### WHAT THE TASK ASKS
Find all lines in the records that include the word "built", and copy them out.

### RECORDS FOR THIS EXERCISE
--- START ---

-- ===== src/Keymap/Order.antt =====
-- The order of encoded keys in src/leshper/keymap.cpp.
use lesh.Base.{◌≡◌, true, false, [], ◌∷◌, Bytes, same, arith}
use lesh.Keymap.{before, starts_with}

pub not_before_itself : (a : Bytes) → before a a ≡ false
not_before_itself [] = ground arith
not_before_itself (c ∷ cs) = ground (arith, not_before_itself cs)

pub before_trans : (a b c : Bytes) → before a b ≡ true → before b c ≡ true → before a c ≡ true
before_trans [] [] c h k = ground arith
before_trans [] (y ∷ b) [] h k = ground arith
before_trans [] (y ∷ b) (z ∷ c) h k = ground arith
before_trans (x ∷ a) [] c h k = ground arith
before_trans (x ∷ a) (y ∷ b) [] h k = ground arith
before_trans (x ∷ a) (y ∷ b) (z ∷ c) h k = ground (arith, before_trans a b c)

pub before_total : (a b : Bytes) → before a b ≡ false → same a b ≡ false → before b a ≡ true
before_total [] [] h k = ground arith
before_total [] (y ∷ b) h k = ground arith
before_total (x ∷ a) [] h k = ground arith
before_total (x ∷ a) (y ∷ b) h k = ground (arith, before_total a b)

pub before-same : (a b : Bytes) → before a b ≡ true → same a b ≡ false
before-same [] [] h = ground arith
before-same [] (y ∷ b) h = ground arith
before-same (x ∷ a) [] h = ground arith
before-same (x ∷ a) (y ∷ b) h = ground (arith, before-same a b)

pub after-same : (a b : Bytes) → before a b ≡ true → same b a ≡ false
after-same [] [] h = ground arith
after-same [] (y ∷ b) h = ground arith
after-same (x ∷ a) [] h = ground arith
after-same (x ∷ a) (y ∷ b) h = ground (arith, after-same a b)

-- What begins with a text is not before it.
pub before-starts_with : (a b : Bytes) → before a b ≡ true → starts_with a b ≡ false
before-starts_with [] [] h = ground arith
before-starts_with [] (y ∷ b) h = ground arith
before-starts_with (x ∷ a) [] h = ground arith
before-starts_with (x ∷ a) (y ∷ b) h = ground (arith, before-starts_with a b)

-- What lies between a text and an extension of it extends it.
pub starts_with-between :
    (a b c : Bytes)
    → before a b ≡ true
    → before b c ≡ true
    → starts_with c a ≡ true
    → starts_with b a ≡ true
starts_with-between [] b c h k l = ground arith
starts_with-between (x ∷ a) [] c h k l = ground arith
starts_with-between (x ∷ a) (y ∷ b) [] h k l = ground arith
starts_with-between (x ∷ a) (y ∷ b) (z ∷ c) h k l = ground (arith, starts_with-between a b c)
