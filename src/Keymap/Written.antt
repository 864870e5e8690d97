-- ===== src/Keymap/Written.antt =====
-- Named keys in the notation of src/leshper/keymap.cpp, written and read.
use lesh.Base.{
  ℕ, zero, suc, ◌<◌, ◌≡◌, refl, ap, Bool, true, false, not, ◌&&◌, some, [], ◌∷◌, ◌++◌, Bytes, codes,
  same, find, drop, take-append_self, length, length-append, ◌==◌, if◌then◌else◌, arith, Bool-cases,
  inl, inr,
}
use lesh.Decoder.Keys.{
  NamedKey, backspace, left, right, home, end, up, down, page_up, page_down, insert, delete_forward,
  f1, f2, f3, f4, f5, f6, f7, f8, f9, f10, f11, f12, KeyModifiers, plain,
}
use lesh.Keymap.Records.{named_key, encode_key}
use lesh.Keymap.Notation.{
  named_spellings, spelled, key_spelling, strip_modifiers, parse_body, parse_angle_group,
  notation_loop, render_key, body_of,
}

-- A name of two bytes or more, none of them `>`, and the second not a dash.
abbrev no_close : Bytes → Bool
no_close [] = true
no_close (c ∷ cs) = not (c == b'>') && no_close cs

abbrev pub is_name : Bytes → Bool
is_name (x ∷ y ∷ rest) = not (y == b'-') && no_close (x ∷ y ∷ rest)
is_name few = false

pub spelling_found :
    (k : NamedKey)
    → (spelled (key_spelling k named_spellings) named_spellings ≡ some k)
      × (is_name (key_spelling k named_spellings) ≡ true)
spelling_found backspace = (refl, refl)
spelling_found left = (refl, refl)
spelling_found right = (refl, refl)
spelling_found home = (refl, refl)
spelling_found end = (refl, refl)
spelling_found up = (refl, refl)
spelling_found down = (refl, refl)
spelling_found page_up = (refl, refl)
spelling_found page_down = (refl, refl)
spelling_found insert = (refl, refl)
spelling_found delete_forward = (refl, refl)
spelling_found f1 = (refl, refl)
spelling_found f2 = (refl, refl)
spelling_found f3 = (refl, refl)
spelling_found f4 = (refl, refl)
spelling_found f5 = (refl, refl)
spelling_found f6 = (refl, refl)
spelling_found f7 = (refl, refl)
spelling_found f8 = (refl, refl)
spelling_found f9 = (refl, refl)
spelling_found f10 = (refl, refl)
spelling_found f11 = (refl, refl)
spelling_found f12 = (refl, refl)

find-close :
    (body rest : Bytes)
    → no_close body ≡ true
    → find (codes ">") (body ++ (b'>' ∷ rest)) ≡ some (length body)
find-close [] rest h = refl
find-close (c ∷ cs) rest h = ground (arith, find-close cs rest)

strip_modifiers-name :
    (f : ℕ) (name : Bytes) (m : KeyModifiers)
    → is_name name ≡ true
    → strip_modifiers f name m ≡ (m, name)
unfolding strip_modifiers
strip_modifiers-name f [] m h = ground arith
strip_modifiers-name f (x ∷ []) m h = ground arith
strip_modifiers-name zero (x ∷ y ∷ rest) m h = refl
strip_modifiers-name (suc f) (x ∷ y ∷ []) m h = refl
strip_modifiers-name (suc f) (x ∷ y ∷ z ∷ rest) m h = elim (Bool-cases (y == b'-')) [
  | inl d ↦ ground (arith, h)
  | inr d ↦ rw (d, strip_modifiers) refl
]

-- The prefixes of the modifiers, in the order in which they are written.
abbrev pub prefix_of : KeyModifiers → Bytes
prefix_of m =
    (if m.ctrl then codes "C-" else [])
    ++ ((if m.alt then codes "A-" else []) ++ (if m.shift then codes "S-" else []))

prefixed :
    (s a c : Bool) (x : ℕ) (name : Bytes)
    → is_name (x ∷ name) ≡ true
    → let m : KeyModifiers = record { shift = s; alt = a; ctrl = c } in
      strip_modifiers (length (prefix_of m ++ (x ∷ name))) (prefix_of m ++ (x ∷ name)) plain
      ≡ (m, x ∷ name)
unfolding strip_modifiers
prefixed false false false x name h = strip_modifiers-name (suc (length name)) (x ∷ name) _ h
prefixed false false true x name h = strip_modifiers-name (suc (suc (length name))) (x ∷ name) _ h
prefixed false true false x name h = strip_modifiers-name (suc (suc (length name))) (x ∷ name) _ h
prefixed false true true x name h =
    strip_modifiers-name (suc (suc (suc (length name)))) (x ∷ name) _ h
prefixed true false false x name h = strip_modifiers-name (suc (suc (length name))) (x ∷ name) _ h
prefixed true false true x name h =
    strip_modifiers-name (suc (suc (suc (length name)))) (x ∷ name) _ h
prefixed true true false x name h =
    strip_modifiers-name (suc (suc (suc (length name)))) (x ∷ name) _ h
prefixed true true true x name h =
    strip_modifiers-name (suc (suc (suc (suc (length name))))) (x ∷ name) _ h

no_close-append : (a b : Bytes) → no_close a ≡ true → no_close b ≡ true → no_close (a ++ b) ≡ true
no_close-append [] b h k = k
no_close-append (c ∷ a) b h k = ground (arith, no_close-append a b)

no_close-prefix_of :
    (s a c : Bool) → no_close (prefix_of (record { shift = s; alt = a; ctrl = c })) ≡ true
no_close-prefix_of true true true = refl
no_close-prefix_of true true false = refl
no_close-prefix_of true false true = refl
no_close-prefix_of true false false = refl
no_close-prefix_of false true true = refl
no_close-prefix_of false true false = refl
no_close-prefix_of false false true = refl
no_close-prefix_of false false false = refl

is_name-no_close : (name : Bytes) → is_name name ≡ true → no_close name ≡ true
is_name-no_close [] h = refl
is_name-no_close (x ∷ []) h = ground arith
is_name-no_close (x ∷ y ∷ rest) h = ground (arith, h)

is_name-same : (name : Bytes) → is_name name ≡ true → same name [] ≡ false
is_name-same [] h = ground arith
is_name-same (x ∷ rest) h = refl

prefix_written :
    (s a c : Bool) (body : Bytes)
    → ((if c then codes "C-" else [])
        ++ ((if a then codes "A-" else [])
            ++ ((if s then codes "S-" else []) ++ (body ++ codes ">"))))
      ≡ ((prefix_of (record { shift = s; alt = a; ctrl = c }) ++ body) ++ codes ">")
prefix_written false false false body = refl
prefix_written false false true body = refl
prefix_written false true false body = refl
prefix_written false true true body = refl
prefix_written true false false body = refl
prefix_written true false true body = refl
prefix_written true true false body = refl
prefix_written true true true body = refl

not_zero : (n : ℕ) → 0 < n → (n == 0) ≡ false
not_zero n h = ground (arith, h)

drop-append_one : (text rest : Bytes) → drop (suc (length text)) (text ++ (b'>' ∷ rest)) ≡ rest
drop-append_one [] rest = refl
drop-append_one (c ∷ text) rest = drop-append_one text rest

module _ (k : NamedKey) (x : ℕ) (spelling : Bytes) (m : KeyModifiers)
    (there : spelled (x ∷ spelling) named_spellings ≡ some k)
    (good : is_name (x ∷ spelling) ≡ true) where
  parse_body-named : parse_body (prefix_of m ++ (x ∷ spelling)) ≡ some (named_key k m)
  unfolding parse_body
  parse_body-named =
      rw (prefixed m.shift m.alt m.ctrl x spelling good, parse_body, there)
        (ap (λ q. some (named_key k q.0)) (prefixed m.shift m.alt m.ctrl x spelling good))

  angle_named :
      (rest : Bytes)
      → parse_angle_group ((prefix_of m ++ (x ∷ spelling)) ++ (b'>' ∷ rest))
        ≡ some (named_key k m, rest)
  unfolding parse_angle_group
  angle_named rest =
      let text = prefix_of m ++ (x ∷ spelling) in
      let closes = find-close text rest (
        no_close-append (prefix_of m) (x ∷ spelling) (no_close-prefix_of m.shift m.alt m.ctrl)
          (is_name-no_close (x ∷ spelling) good)) in
      let not_empty : (length text == 0) ≡ false =
        not_zero (length text) (omega (arith, length-append (prefix_of m) (x ∷ spelling))) in
      rw
        (
          closes,
          parse_angle_group,
          not_empty,
          take-append_self text (b'>' ∷ rest),
          parse_body-named,
          drop-append_one text rest,
        )
        refl

  -- What is written for the key behind its `<`.
  pub render_named :
      key_spelling k named_spellings ≡ x ∷ spelling
      → render_key (named_key k m) ≡ b'<' ∷ ((prefix_of m ++ (x ∷ spelling)) ++ codes ">")
  unfolding render_key body_of
  render_named e =
      rw (e, render_key) (ap (◌∷◌ b'<') (prefix_written m.shift m.alt m.ctrl (x ∷ spelling)))

  -- Behind a key that is written the text goes on.
  pub notation_loop-named :
      (f : ℕ) (rest built : Bytes)
      → notation_loop (suc f) (b'<' ∷ ((prefix_of m ++ (x ∷ spelling)) ++ (b'>' ∷ rest))) built
        ≡ notation_loop f rest (built ++ encode_key (named_key k m))
  unfolding notation_loop
  notation_loop-named f rest built = rw (angle_named rest, notation_loop) refl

--- END ---

### ANSWER
      (f : ℕ) (rest built : Bytes)
      → notation_loop (suc f) (b'<' ∷ ((prefix_of m ++ (x ∷ spelling)) ++ (b'>' ∷ rest))) built
        ≡ notation_loop f rest (built ++ encode_key (named_key k m))
  notation_loop-named f rest built = rw (angle_named rest, notation_loop) refl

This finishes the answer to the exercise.